Skip to main content
Version: 25.4.0

Quantization guide

Post-training quantization and adjusting sensitivity threshold

Post-training quantization (PTQ) refers to the quantization of a pre-trained model without a model training loop. To configure post-training quantization using ACE, adjust the quantization_sensitivity_threshold parameter. This parameter controls the trade-off between accuracy and degree of model compression; we recommend starting with a threshold value of 0.005. Upon completing the compression process, examine the generated logs, which will include a helpful summary table (see output logs example).

This table provides guidance for adjusting the threshold based on the desired model compression level. Be aware that greater compression often impacts model accuracy negatively. Nevertheless, the model can be subsequently fine-tuned to recover accuracy, as ClikaModule instances are designed to be compatible with torch.nn.Module.

Quantization-aware training

Quantization-aware training (QAT) integrates the quantization process into the model training loop. Doing so allows the model parameters to adapt as the model precision is reduced, potentially improving the accuracy of the quantized model. While the primary recommended entry point to quantization-based compression is through the PTQ feature set of ACE, quantization-aware training is also a supported SDK feature. As ClikaModule instances are compatible with the torch.nn.Module interface, the ClikaModule instance can be used in place of the original torch.nn.module object undergoing fine-tuning. Note that QAT compression workflows are typically slower and require more computational resources than their PTQ counterparts do.

Graph visualization

After following the instructions to install the optional requirements, a visualization of the resultant graph can be created using clika_model.clika_visualize(...)

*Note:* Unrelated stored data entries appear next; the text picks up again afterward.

-- ===== src/Tests/Backtrace.antt =====
-- The backtrace of a stack of two frames, one of them with a place.
use jos.Base.{
  ℕ, zero, suc, ◌≡◌, ◌<◌, ◌^◌, ◌-◌, ◌+◌, ◌==◌, refl, inl, inr, true, false, some, List, [], ◌∷◌,
  ◌++◌, leb, if◌then◌else◌, arith, get_or, Bool-cases,
}
use jos.Memory.{Mem}
use jos.Str.{strfind}
use jos.Printf.Format.{codes, emit}
use jos.Kdebug.{Stab, n_fun, n_sline, n_so, n_psym, stab_binsearch, round, scan, finish}
use jos.Kdebug.Info.{
  Table, Eipdebuginfo, initial, debuginfo_eip, after_file, after_function, in_function,
  fill_namelen, fill_function, fill_line, string_at, walk_back, count_args,
}
use jos.Monitor.Backtrace.{mon_backtrace}
use jos.Monitor.Backtrace.Text.{IsPlace, stack_text, user_stack_text, place_pieces}
use jos.Printf.Format.Pieces.{texts}
use jos.Monitor.Backtrace.Frames.{mon_backtrace-emit}
use jos.Monitor.Backtrace.User.{mon_backtrace-panics}

abbrev record_char : ℕ → List ℕ → List ℕ
record_char c s = s ++ (c ∷ [])

abbrev entry : ℕ → ℕ → ℕ → Stab
entry strx type val = record {
  n_strx = strx;
  n_type = type;
  n_other = 0;
  n_desc = 0;
  n_value = val;
}

abbrev nth : List Stab → ℕ → Stab
nth [] i = entry 0 0 0
nth (s ∷ ss) zero = s
nth (s ∷ ss) (suc i) = nth ss i

abbrev table : Table
table = record {
  stabs = nth (
      entry 0 0 0
      ∷ entry 1 n_so 0xf0100000
      ∷ entry 8 n_fun 0xf0100000
      ∷ entry 0 n_psym 8
      ∷ entry 0 n_sline 0
      ∷ entry 0 n_sline 8
      ∷ entry 1 n_so 0xf0200000
      ∷ []);
  count = 7;
  stabstr = 100;
  stabstr_end = 120;
}

-- The string table at 100; a frame at 300, which returns to 0xf0100009, and one at 400, which
-- returns to an address below the first file.
abbrev memory : Mem
memory a =
    if leb 400 a
    then get_or (0 ∷ 0 ∷ 0 ∷ 0 ∷ 0 ∷ 0 ∷ 0 ∷ 0xf0 ∷ []) (a - 400) 0
    else if leb 300 a
    then get_or (0x90 ∷ 1 ∷ 0 ∷ 0 ∷ 9 ∷ 0 ∷ 0x10 ∷ 0xf0 ∷ []) (a - 300) 0
    else if leb 200 a
    then get_or (codes "<unknown>") (a - 200) 0
    else get_or (0 ∷ codes "main.c" ++ (0 ∷ codes "main:F(0,1)")) (a - 100) 0

abbrev info : Eipdebuginfo
info = record {
  eip_file = 101;
  eip_line = 8;
  eip_fn_name = 108;
  eip_fn_namelen = 4;
  eip_fn_addr = 0xf0100000;
  eip_fn_narg = 1;
}

abbrev main_place : List ℕ
main_place = texts (place_pieces info (codes "main.c") (codes "main:F(0,1)"))

main-IsPlace : IsPlace memory 64 table 200 0xf0100009 main_place
unfolding debuginfo_eip stab_binsearch round scan finish after_file after_function in_function
    fill_namelen fill_function fill_line string_at walk_back count_args strfind
main-IsPlace = inr (info, codes "main.c", codes "main:F(0,1)", refl, omega arith, refl)

no-IsPlace : IsPlace memory 64 table 200 0xf0000000 []
unfolding debuginfo_eip stab_binsearch round scan finish after_file
no-IsPlace = inl (initial 200 0xf0000000, refl, refl)

abbrev AreBytes : List ℕ → Type 0
AreBytes [] = 0 < 1
AreBytes (c ∷ cs) = (c < 256) × AreBytes cs

get_or_byte : (cs : List ℕ) (i : ℕ) → AreBytes cs → get_or cs i 0 < 256
get_or_byte [] i h = omega arith
get_or_byte (c ∷ cs) zero h = h.0
get_or_byte (c ∷ cs) (suc i) h = get_or_byte cs i h.1

memory_bytes : (q : ℕ) → memory q < 2 ^ 8
memory_bytes q = elim (Bool-cases (leb 400 q)) [
  | inl t ↦ rw t (get_or_byte (0 ∷ 0 ∷ 0 ∷ 0 ∷ 0 ∷ 0 ∷ 0 ∷ 0xf0 ∷ []) (q - 400) (omega arith))
  | inr t ↦ elim (Bool-cases (leb 300 q)) [
    | inl u ↦
        rw (t, u)
          (get_or_byte (0x90 ∷ 1 ∷ 0 ∷ 0 ∷ 9 ∷ 0 ∷ 0x10 ∷ 0xf0 ∷ []) (q - 300) (omega arith))
    | inr u ↦ elim (Bool-cases (leb 200 q)) [
      | inl v ↦ rw (t, u, v) (get_or_byte (codes "<unknown>") (q - 200) (omega arith))
      | inr v ↦
          rw (t, u, v)
            (get_or_byte (0 ∷ codes "main.c" ++ (0 ∷ codes "main:F(0,1)")) (q - 100) (omega arith))
    ]
  ]
]

mon_backtrace-emit_example :
    mon_backtrace record_char (λ _. memory) 64 table 200 5 300 []
    ≡ some (
      true,
      emit record_char
          (codes "Stack backtrace\n" ++ stack_text memory 300 (main_place ∷ [] ∷ []))
          [],
    )
mon_backtrace-emit_example =
    mon_backtrace-emit record_char (λ _. memory) 64 (λ _ _. refl) memory table 200 5 300
      (main_place ∷ [] ∷ []) [] (omega arith) (omega arith)
      (
        omega arith,
        λ i _. memory_bytes (300 + i),
        main-IsPlace,
        (omega arith, λ i _. memory_bytes (400 + i), no-IsPlace, refl),
      )
      refl

-- The same memory, where the second frame returns to 0x00800020.
abbrev user_memory : Mem
user_memory a =
    if a == 404 then 0x20 else if a == 406 then 0x80 else if a == 407 then 0 else memory a

user_memory_bytes : (q : ℕ) → user_memory q < 2 ^ 8
user_memory_bytes q = let h = memory_bytes q in ground arith

user-IsPlace : IsPlace user_memory 64 table 200 0xf0100009 main_place
unfolding debuginfo_eip stab_binsearch round scan finish after_file after_function in_function
    fill_namelen fill_function fill_line string_at walk_back count_args strfind
user-IsPlace = inr (info, codes "main.c", codes "main:F(0,1)", refl, omega arith, refl)

mon_backtrace-panics_example :
    mon_backtrace record_char (λ _. user_memory) 64 table 200 5 300 []
    ≡ some (
      false,
      emit record_char
          (codes "Stack backtrace\n" ++ user_stack_text user_memory 300 (main_place ∷ []))
          [],
    )
mon_backtrace-panics_example =
    mon_backtrace-panics record_char (λ _. user_memory) 64 (λ _ _. refl) user_memory table 200 5 300
      (main_place ∷ []) [] (omega arith) (omega arith)
      (
        omega arith,
        λ i _. user_memory_bytes (300 + i),
        user-IsPlace,
        (omega arith, λ i _. user_memory_bytes (400 + i), omega arith),
      )
      refl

Graph visualizations include the following information about each layer:

  • Name and type
  • Input and output shapes
  • Layer attributes of the layer such as kernel size, strides etc.
  • Quantization sensitivities are printed out as a table to the log file, see output logs example.
info

Quantization sensitivity (QS) is a measurement of the difference between original and quantized outputs of each layer, and is used primarily as a metric to determine which layers should be skipped for quantization. A sensitivity value of 0.0 can be considered to numerical identical to the original layer. On the other hand, 1.0 and above indicate substantially different numerical outputs as compared to the original layer; however, the results are potentially still good depending on the model and architecture in question.